Eivør Pálsdóttir (/fo/; born 21 July 1983), known mononymously as Eivør, is a Faroese singer-songwriter. Born and raised in Syðrugøta, she had her first televised performance at the age of 13. Over the course of her decades-long career, her musical output has spanned a wide range of genres such as folk, art pop, jazz, folk rock, classical and electronica. She is the elder sister of singer Elinborg.

==Career==
In 1999, at the age of 15, she became the lead singer in Clickhaze. The following year, she released her first self-titled album, Eivør Pálsdóttir, and then won the 2001 Prix Føroyar song contest as part of the band Clickhaze. She moved to Reykjavík in 2002 to study music, releasing an album with Yggdrasil the same year. Her second solo album, Krákan, released in 2003 and was nominated in three categories at the Icelandic Music Awards, winning Best Singer and Best Performer – an honour normally only reserved for Icelandic artists. The same year, she participated in Söngvakeppnin with the song "Í Nótt", reaching 6th place.

In 2004, Eivør was named Ársins Føroyingur (Faroe Islander of the Year).

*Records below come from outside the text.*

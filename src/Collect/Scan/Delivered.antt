-- ===== src/Collect/Scan/Delivered.antt =====
-- internal/collect/scan.go: when a file's offset is committed, a sink has accepted all of its events.
use omni_token.Prelude.{
  ℕ, suc, String, Bool, true, false, ◌&&◌, ◌||◌, Option, none, some, List, [], ◌∷◌, ◌≡◌, ◌≢◌, ◌⊎◌,
  refl, sym, ap, ◌∙◌, subst, inl, inr, arith, ◌==◌, Bool-cases, Option-cases, eq_iff,
}
use omni_token.Fallible.{ok, err}
use omni_token.Model.Event.{Event}
use omni_token.Model.Snapshot.{QuotaSnapshot}
use omni_token.Collect.State.{
  InFlightScan, State, Process, saved, is_delivered, chunk_at, chunk_delivered, delivery_done,
  mark_scan, mark_delivery_done,
}
use omni_token.Collect.Scan.{
  World, Outcome, ScanError, mark_failed, checked, keyed, sent_events, deliver_keyed,
  deliver_events,
}
use omni_token.Collect.Scan.Sound.{SoundProcess, mark_delivery_done-Sound}
use omni_token.Collect.Scan.Names.{
  first, keyed-events_first, keyed-quotas_first, EventNamed, QuotaNamed,
}
use omni_token.Collect.Scan.Grows.{SoundProcess-grows}
use omni_token.Collect.Scan.Onward.{
  SoundWorld, Onward, Onward-refl, Onward-trans, Named-Onward, After, After-and_then,
}

saved-files :
    (b : Bool) (new old : State) (p : Process)
    → new.files ≡ p.memory.files
    → old.files ≡ p.memory.files
    → (saved b new old p).0.memory.files ≡ p.memory.files
saved-files true new old p h k = h
saved-files false new old p h k = k

mark_delivery_done-files :
    (save_ok : ℕ → Bool) (file key : String) (p : Process)
    → (mark_delivery_done save_ok file key p).0.memory.files ≡ p.memory.files
unfolding mark_delivery_done
mark_delivery_done-files save_ok file key p = marked (p.memory.in_flight file)
  where
    marked :
        (scan : Option InFlightScan)
        → (mark_scan save_ok file key scan p).0.memory.files ≡ p.memory.files
    marked none = refl
    marked (some scan) = elim (Bool-cases (scan.delivered key)) [
      | inl old ↦ rw old refl
      | inr fresh ↦ rw fresh (saved-files (save_ok p.saves) _ _ p refl refl)
    ]

-- A key that is there is a key of the map.
chunk_at-some :
    (i : ℕ) (o : Option (ℕ → Option String)) (key : String)
    → chunk_at i o ≡ key
    → key ≢ ""
    → (m : ℕ → Option String) × (o ≡ some m) × (m i ≡ some key)
chunk_at-some i none key h full = absurd (full (sym h))
chunk_at-some i (some m) key h full = elim (Option-cases (m i)) [
  | inl absent ↦ absurd (full (sym (rw absent at h)))
  | inr (k, present) ↦ (m, refl, present ∙ ap some (rw present at h))
]

is_delivered-some :
    (key : String) (o : Option InFlightScan)
    → is_delivered key o ≡ true
    → (scan : InFlightScan) × (o ≡ some scan) × (scan.delivered key ≡ true)
is_delivered-some key none h = cc
is_delivered-some key (some scan) h = (scan, refl, h)

module _ (save_ok sink_ok : ℕ → Bool) (events_digest : List Event → Option String)
    (quotas_digest : List QuotaSnapshot → Option String) where
  abbrev pub IsNamed : World → ℕ → List Event → String → Type 0
  IsNamed w i es key =
      (keyed "events" i (events_digest es) ≡ some key)
      × EventNamed events_digest quotas_digest w.accepted key

  abbrev Go : {A : Type 0} → World → (World → A → Type 0) → Outcome A → Type 0
  Go w P o = After events_digest quotas_digest w P o

  pub mark-After :
      (path key : String) (why : ScanError) (w : World)
      → EventNamed events_digest quotas_digest w.accepted key
        ⊎ QuotaNamed events_digest quotas_digest w.accepted_quotas key
      → SoundWorld events_digest quotas_digest w
      → Go w
          (λ w' u. w'.accepted ≡ w.accepted)
          (checked why w (mark_delivery_done save_ok path key w.process))
  mark-After path key why w named k =
      told (mark_delivery_done save_ok path key w.process)
        (mark_delivery_done-Sound events_digest quotas_digest w.accepted w.accepted_quotas save_ok
          path key w.process named k)
        (mark_delivery_done-files save_ok path key w.process)
    where
      told :
          (r : Process × Bool)
          → SoundProcess events_digest quotas_digest w.accepted w.accepted_quotas r.0
          → r.0.memory.files ≡ w.process.memory.files
          → Go w (λ w' u. w'.accepted ≡ w.accepted) (checked why w r)
      told (p, true) h f = (record { sound = h; grown = ([], refl); files = f }, refl)
      told (p, false) h f = record { sound = h; grown = ([], refl); files = f }

  sent_events-After :
      (path key : String) (i : ℕ) (es : List Event) (w : World) (b : Bool)
      → keyed "events" i (events_digest es) ≡ some key
      → SoundWorld events_digest quotas_digest w
      → Go w
          (λ w' key'. IsNamed w' i es key')
          (sent_events save_ok sink_ok events_digest quotas_digest path key es w b)
  sent_events-After path key i es w false named k = record {
    sound = k;
    grown = ([], refl);
    files = refl;
  }
  sent_events-After path key i es w true named k =
      let w' = record w { accepted = es ∷ w.accepted; sends = suc w.sends } in
      let sound : SoundWorld events_digest quotas_digest w' =
        SoundProcess-grows events_digest quotas_digest w.accepted (es ∷ w.accepted)
          w.accepted_quotas w.accepted_quotas w.process (λ key n. inr n) (λ key n. n) k in
      let onward : Onward events_digest quotas_digest w w' = record {
        sound = sound;
        grown = (es ∷ [], refl);
        files = refl;
      } in
      After-and_then events_digest quotas_digest w (λ w'' u. w''.accepted ≡ es ∷ w.accepted)
        (λ w'' key'. IsNamed w'' i es key')
        (checked mark_failed w' (mark_delivery_done save_ok path key w'.process))
        (λ u w''. (w'', ok key))
        (widen w' onward _ (mark-After path key mark_failed w' (inl (inl (i, named))) sound))
        (λ u w'' h same. (
          Onward-refl events_digest quotas_digest w'' h.sound,
          (
            named,
            subst (λ acc. EventNamed events_digest quotas_digest acc key) (sym same)
                (inl (i, named)),
          ),
        ))
    where
      widen :
          (w' : World)
          → Onward events_digest quotas_digest w w'
          → (o : Outcome (Unit {0})) → Go w' (λ w'' u. w''.accepted ≡ w'.accepted) o
          → Go w (λ w'' u. w''.accepted ≡ w'.accepted) o
      widen w' h (w'', ok u) l = (Onward-trans events_digest quotas_digest w w' w'' h l.0, l.1)
      widen w' h (w'', err why) l = Onward-trans events_digest quotas_digest w w' w'' h l

  no_clash :
      (i : ℕ) (es : List Event) (key : String) (qs : List (List QuotaSnapshot))
      → keyed "events" i (events_digest es) ≡ some key
      → QuotaNamed events_digest quotas_digest qs key
      → ⊥
  no_clash i es key [] named q = q
  no_clash i es key (q ∷ qs) named (inl here) =
      let a = keyed-events_first i (events_digest es) key named in
      let b = keyed-quotas_first 0 (quotas_digest q) key here in absurd (omega (arith, a, b))
  no_clash i es key (q ∷ qs) named (inr there) = no_clash i es key qs named there

  key-some :
      (i : ℕ) (es : List Event) (key : String)
      → keyed "events" i (events_digest es) ≡ some key
      → key ≢ ""
  key-some i es key named blank =
      let a = keyed-events_first i (events_digest es) key named in
      let b = ap first blank in absurd (omega (arith, a, b))

  skip-Named :
      (path : String) (cross : Bool) (i : ℕ) (es : List Event) (key : String) (w : World)
      → keyed "events" i (events_digest es) ≡ some key
      → SoundWorld events_digest quotas_digest w
      → (cross && chunk_delivered path i key w.process.memory
          || delivery_done path key w.process.memory)
        ≡ true
      → EventNamed events_digest quotas_digest w.accepted key
  unfolding chunk_delivered delivery_done
  skip-Named path cross i es key w named k skip =
      elim (Bool-cases (is_delivered key (w.process.memory.in_flight path))) [
        | inl done ↦
            let (scan, held, told) = is_delivered-some key _ done in
            only_events (k.memory.delivered path scan key held told)
        | inr fresh ↦
            let same : (chunk_at i (w.process.memory.chunks path) == key) ≡ true = ground arith in
            let (m, held, told) =
              chunk_at-some i (w.process.memory.chunks path) key ((eq_iff _ key).0 same)
                (key-some i es key named) in
            k.memory.chunks path m i key held told
      ]
    where
      only_events :
          EventNamed events_digest quotas_digest w.accepted key
            ⊎ QuotaNamed events_digest quotas_digest w.accepted_quotas key
          → EventNamed events_digest quotas_digest w.accepted key
      only_events (inl e) = e
      only_events (inr q) = absurd (no_clash i es key w.accepted_quotas named q)

  deliver_keyed-After :
      (path : String) (cross : Bool) (i : ℕ) (es : List Event) (key : Option String) (w : World)
      → keyed "events" i (events_digest es) ≡ key
      → SoundWorld events_digest quotas_digest w
      → Go w
          (λ w' key'. IsNamed w' i es key')
          (deliver_keyed save_ok sink_ok events_digest quotas_digest path cross i es key w)
  deliver_keyed-After path cross i es none w named k = Onward-refl events_digest quotas_digest w k
  deliver_keyed-After path cross i es (some key) w named k =
      elim (Bool-cases (
        cross && chunk_delivered path i key w.process.memory
        || delivery_done path key w.process.memory)) [
          | inl skip ↦ rw skip (
            Onward-refl events_digest quotas_digest w k,
            (named, skip-Named path cross i es key w named k skip),
          )
          | inr send ↦ rw send (sent_events-After path key i es w (sink_ok w.sends) named k)
        ]

  -- Each batch has its key, and a batch of that key has been accepted.
  abbrev pub AllNamed : World → ℕ → List (List Event) → List String → Type 0
  AllNamed w i [] [] = Unit
  AllNamed w i [] (key ∷ keys) = ⊥
  AllNamed w i (es ∷ more) [] = ⊥
  AllNamed w i (es ∷ more) (key ∷ keys) = IsNamed w i es key × AllNamed w (suc i) more keys

  IsNamed-Onward :
      (w w' : World) (i : ℕ) (es : List Event) (key : String)
      → Onward events_digest quotas_digest w w'
      → IsNamed w i es key
      → IsNamed w' i es key
  IsNamed-Onward w w' i es key h (named, here) =
      (named, Named-Onward events_digest quotas_digest w w' key h here)

  pub AllNamed-Onward :
      (w w' : World) (i : ℕ) (more : List (List Event)) (keys : List String)
      → Onward events_digest quotas_digest w w'
      → AllNamed w i more keys
      → AllNamed w' i more keys
  AllNamed-Onward w w' i [] [] h k = tt
  AllNamed-Onward w w' i [] (key ∷ keys) h k = k
  AllNamed-Onward w w' i (es ∷ more) [] h k = k
  AllNamed-Onward w w' i (es ∷ more) (key ∷ keys) h k =
      (IsNamed-Onward w w' i es key h k.0, AllNamed-Onward w w' (suc i) more keys h k.1)

  pub deliver_events-After :
      (path : String) (cross : Bool) (i : ℕ) (more : List (List Event)) (w : World)
      → SoundWorld events_digest quotas_digest w
      → Go w
          (λ w' keys. AllNamed w' i more keys)
          (deliver_events save_ok sink_ok events_digest quotas_digest path cross i more w)
  unfolding deliver_events
  deliver_events-After path cross i [] w k = (Onward-refl events_digest quotas_digest w k, tt)
  deliver_events-After path cross i (es ∷ more) w k =
      After-and_then events_digest quotas_digest w (λ w' key. IsNamed w' i es key)
        (λ w' keys. AllNamed w' i (es ∷ more) keys)
        (deliver_keyed save_ok sink_ok events_digest quotas_digest path cross i es
          (keyed "events" i (events_digest es)) w)
        _ (deliver_keyed-After path cross i es (keyed "events" i (events_digest es)) w refl k)
        (λ key w' h named.
          After-and_then events_digest quotas_digest w' (λ w'' keys. AllNamed w'' (suc i) more keys)
            (λ w'' keys. AllNamed w'' i (es ∷ more) keys)
            (deliver_events save_ok sink_ok events_digest quotas_digest path cross (suc i) more w')
            _ (deliver_events-After path cross (suc i) more w' h.sound)
            (λ keys w'' h' all. (
              Onward-refl events_digest quotas_digest w'' h'.sound,
              (IsNamed-Onward w' w'' i es key h' named, all),
            )))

In 2005, the DR Big Band released its 40th anniversary album, with all songs written and sung by Eivør. The same year, her performance of Úlfhamssaga led to her winning the awarded the Icelandic Gríma award. In 2007, Eivør's 5th album Mannabarn was released; an English-language version, Human Child, was released on the same day.

In 2010, she released the album Larva, marking a stark departure away from her folk sound, moving towards a more experimental and electronic musical style.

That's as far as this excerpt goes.